# Is it possible to change the OBS virtual camera offline image?



## astrovan14 (Oct 2, 2020)

With the OBS-VirtualCam plugin, the output of the virtual camera would be just plain gray when virtualcam was disabled, which was nice if you turned on your camera before you started virtualcam and didn't want to be distracting in your meeting, but now for obs 26, the virtual camera shows a logo when offline, which is non-ideal. Is there a way to change that?


----------



## R1CH (Oct 2, 2020)

You can replace the placeholder.png in C:\Program Files\obs-studio\data\obs-plugins\win-dshow but note it will revert after an update.


----------



## astrovan14 (Oct 3, 2020)

epic thanks.


----------



## kidjck (Oct 16, 2020)

I've literally the same question but on mac? I can't find a "placeholder.png" file on my hard disc. Is it named differently?


----------



## Honkis (Oct 30, 2020)

R1CH said:


> You can replace the placeholder.png in C:\Program Files\obs-studio\data\obs-plugins\win-dshow but note it will revert after an update.


When I did that OBS crashes every time I try and load it up. The crash log shows the file location as obs-virtualcam-module64.dll How can i fix this?


----------



## R1CH (Oct 30, 2020)

Make sure you're saving it in the same format (24 bit PNG, 1920x1080).


----------



## Lloyd Black (Nov 12, 2020)

The change may work with the "VirtualCam" plug-in (which I had been using) but OBS now has the new "OBS virtual camera" built-in. I changed the placeholder image for the plug-in but with the new feature it still shows the OBS placeholder and not the image I replaced it with. So, I'm guessing the new built-in one is totally different but uses the same placeholder image. I found out because the image I tried to replace it with matches "placeholder.png" but it's still showing the OBS image and not what I replaced it with. Is there a different image filename for the new "OBS Virtual Camera"? Any idea what it's called and where it's at?


----------



## Lloyd Black (Nov 12, 2020)

Lloyd Black said:


> The change may work with the "VirtualCam" plug-in (which I had been using) but OBS now has the new "OBS virtual camera" built-in. I changed the placeholder image for the plug-in but with the new feature it still shows the OBS placeholder and not the image I replaced it with. So, I'm guessing the new built-in one is totally different but uses the same placeholder image. I found out because the image I tried to replace it with matches "placeholder.png" but it's still showing the OBS image and not what I replaced it with. Is there a different image filename for the new "OBS Virtual Camera"? Any idea what it's called and where it's at?

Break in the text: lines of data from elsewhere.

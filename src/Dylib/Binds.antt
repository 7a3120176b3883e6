-- ===== src/Dylib/Binds.antt =====
-- `process_dylib_binds` of src/macho_dylib.c. The variables `type` and `lib_ordinal`, which are set
-- and never read, are left out, and so is the trace.
pub mod Effect
pub mod Ends
use mac_ify.Dylib.Commands.{File, sum_u64}
use mac_ify.Dylib.Image.{Dylib, DylibSegment, segment_of, slot_of}
use mac_ify.Dylib.Run.{Run, next, returned, uleb_operand, sleb_operand, run_loop}
use mac_ify.Fixups.Bind.{strip_underscore}
use mac_ify.Fixups.Image.{bytes_at}
use mac_ify.Prelude.{ℕ, zero, suc, ◌+◌, ◌*◌, ◌%◌, ◌^◌, List, [], ◌∷◌, Option, none, some, ◌||◌}
use mac_ify.Prelude.{Memory, store, bit_and, ◌==◌, ltb, if◌then◌else◌}

pub record DylibBindState : Type 0 where
  pub p : List ℕ
  pub seg_index : Option ℕ
  pub seg_offset : ℕ
  pub sym_name : List ℕ
  pub addend : ℕ
  pub mem : Memory

-- The loop that fills `sym_name[256]`, with the room left, and `p` after the name: a name that is too
-- long loses the byte after its first 255.
unfoldable pub read_symbol : ℕ → List ℕ → List ℕ × List ℕ
read_symbol room [] = ([], [])
read_symbol zero (b ∷ p) = ([], p)
read_symbol (suc room) (b ∷ p) =
    let (name, rest) = read_symbol room p in if b == 0 then ([], p) else (b ∷ name, rest)

abbrev pub max_symbol : ℕ
max_symbol = 255

-- `resolve_symbol(-1, sym)` without the leading underscore; 0 is NULL.
unfoldable pub symbol_address : Dylib → DylibBindState → ℕ
symbol_address d s = d.resolve (strip_underscore s.sym_name)

-- `*(uint64_t *)target = addr + addend`, or what the opcode does for a symbol that is not found.
unfoldable pub write_bind : Dylib → DylibBindState → DylibSegment → Memory → Memory
write_bind d s seg missing =
    let addr = symbol_address d s in
    if addr == 0
    then missing
    else store 8 s.mem (slot_of d seg s.seg_offset) (sum_u64 addr s.addend)

-- The slot of DO_BIND, which gets the stub if the symbol is not found.
unfoldable pub bind_or_stub : Dylib → DylibBindState → DylibSegment → Memory
bind_or_stub d s seg = write_bind d s seg (store 8 s.mem (slot_of d seg s.seg_offset) d.stub)

-- The slot of the other opcodes, which stays as it is if the symbol is not found.
unfoldable pub bind_or_leave : Dylib → DylibBindState → DylibSegment → Memory
bind_or_leave d s seg = write_bind d s seg s.mem

unfoldable pub bind_if_there : Dylib → DylibBindState → Option DylibSegment → Memory
bind_if_there d s none = s.mem
bind_if_there d s (some seg) = bind_or_leave d s seg

-- A round of the loop of DO_BIND_ULEB_TIMES_SKIPPING_ULEB: the place moves on in any case.
unfoldable pub skip_bind : Dylib → ℕ → DylibBindState → DylibBindState
skip_bind d step s = record s {
  mem = bind_if_there d s (segment_of d s.seg_index);
  seg_offset = sum_u64 s.seg_offset step;
}

unfoldable pub skip_binds : Dylib → ℕ → ℕ → DylibBindState → DylibBindState
skip_binds d step zero s = s
skip_binds d step (suc left) s = skip_binds d step left (skip_bind d step s)

-- The three opcodes for one slot. Where the segment does not exist they do nothing, and a ULEB128
-- operand is left among the opcodes.
unfoldable pub bind_here : Dylib → DylibBindState → Option DylibSegment → Run DylibBindState
bind_here d s none = next s
bind_here d s (some seg) =
    next (record s { mem = bind_or_stub d s seg; seg_offset = sum_u64 s.seg_offset 8 })

unfoldable pub bind_add_uleb : Dylib → DylibBindState → Option DylibSegment → Run DylibBindState
bind_add_uleb d s none = next s
bind_add_uleb d s (some seg) = uleb_operand s.p (λ v q. next (record s {
  p = q;
  mem = bind_or_leave d s seg;
  seg_offset = sum_u64 s.seg_offset (sum_u64 8 v);
}))

unfoldable pub bind_add_scaled :
    Dylib → ℕ → DylibBindState → Option DylibSegment → Run DylibBindState
bind_add_scaled d imm s none = next s
bind_add_scaled d imm s (some seg) =
    next (record s { mem = bind_or_leave d s seg; seg_offset = sum_u64 s.seg_offset (imm * 8 + 8) })

unfoldable pub set_sym_name : DylibBindState → Run DylibBindState
set_sym_name s =
    let (name, p) = read_symbol max_symbol s.p in next (record s { p = p; sym_name = name })

-- The `switch` on `op`, after `p` has passed the opcode.
unfoldable pub dylib_bind_op : Dylib → ℕ → ℕ → DylibBindState → Run DylibBindState
dylib_bind_op d op imm s =
    if op == 0x00
    then returned s
    else if op == 0x10
    then next s
    else if op == 0x20
    then uleb_operand s.p (λ v q. next (record s { p = q }))
    else if op == 0x30
    then next s
    else if op == 0x40
    then set_sym_name s
    else if op == 0x50
    then next s
    else if op == 0x60
    then sleb_operand s.p (λ v q. next (record s { p = q; addend = v }))
    else if op == 0x70
    then uleb_operand s.p (λ v q. next (record s { p = q; seg_index = some imm; seg_offset = v }))
    else if op == 0x80
    then uleb_operand s.p (λ v q. next (record s { p = q; seg_offset = sum_u64 s.seg_offset v }))
    else if op == 0x90
    then bind_here d s (segment_of d s.seg_index)
    else if op == 0xA0
    then bind_add_uleb d s (segment_of d s.seg_index)
    else if op == 0xB0
    then bind_add_scaled d imm s (segment_of d s.seg_index)
    else if op == 0xC0
    then uleb_operand s.p (λ count q.
      uleb_operand q (λ skip q'. next (skip_binds d (sum_u64 skip 8) count (record s { p = q' }))))
    else returned s

-- One round of `while (p < end)`.
unfoldable pub dylib_bind_step : Dylib → DylibBindState → List ℕ → Run DylibBindState
dylib_bind_step d s [] = returned s
dylib_bind_step d s (byte ∷ p) =
    dylib_bind_op d (bit_and byte 0xF0) (bit_and byte 0x0F) (record s { p = p })

abbrev pub no_symbol : List ℕ → Memory → DylibBindState
no_symbol p mem = record {
  p = p;
  seg_index = none;
  seg_offset = 0;
  sym_name = [];
  addend = 0;
  mem = mem;
}

-- The sum of offset and size is one of `uint32_t`. A round takes one opcode byte at least, so a fuel
-- of one more than their number is enough.
unfoldable pub process_dylib_binds : Dylib → File → ℕ → ℕ → ℕ → Memory → Run DylibBindState
process_dylib_binds d file file_size bind_off bind_size mem =
    let start = no_symbol (bytes_at bind_size file bind_off) mem in
    let run = run_loop (suc bind_size) (λ s. dylib_bind_step d s s.p) start in
    if bind_off == 0 || bind_size == 0
    then returned start
    else if ltb file_size ((bind_off + bind_size) % 2 ^ 32)
    then returned start
    else run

Ok, I tried to edit my post, I just quoted, I found the solution to my own problem. Changing the placeholder.png does work with the new feature but in order for it to show up I needed to restart my system. It's amazing what problems get resolved by doing a simple restart. I feel like an idiot but I guess as long as I learn something it's not a total mistake.

By the way, originally, Zoom did try to block the OBS VirtualCam plug-in, at least that was my experience. However, I was able to get around that by doing a little registry hacking to change the name of what Zoom was looking for. They don't seem to be blocking the new feature yet as far as I know. Zoom meetings are just more fun using OBS.


----------



## brokenantler (Jan 21, 2021)

Just to follow up to those trying to do this on a mac, there's another placeholder image located here:
/Volumes/Macintosh HD/Library/CoreMediaIO/Plug-Ins/DAL/obs-mac-virtualcam.plugin/Contents/Resources/placeholder.png

Easiest way here is from Finder, Choose Go> Go to Folder and paste the location. You will likely have to edit permissions of the image and or containing folder for write access, but this is the PNG that changes the default placeholder when OBS virtual cam isn't running.


----------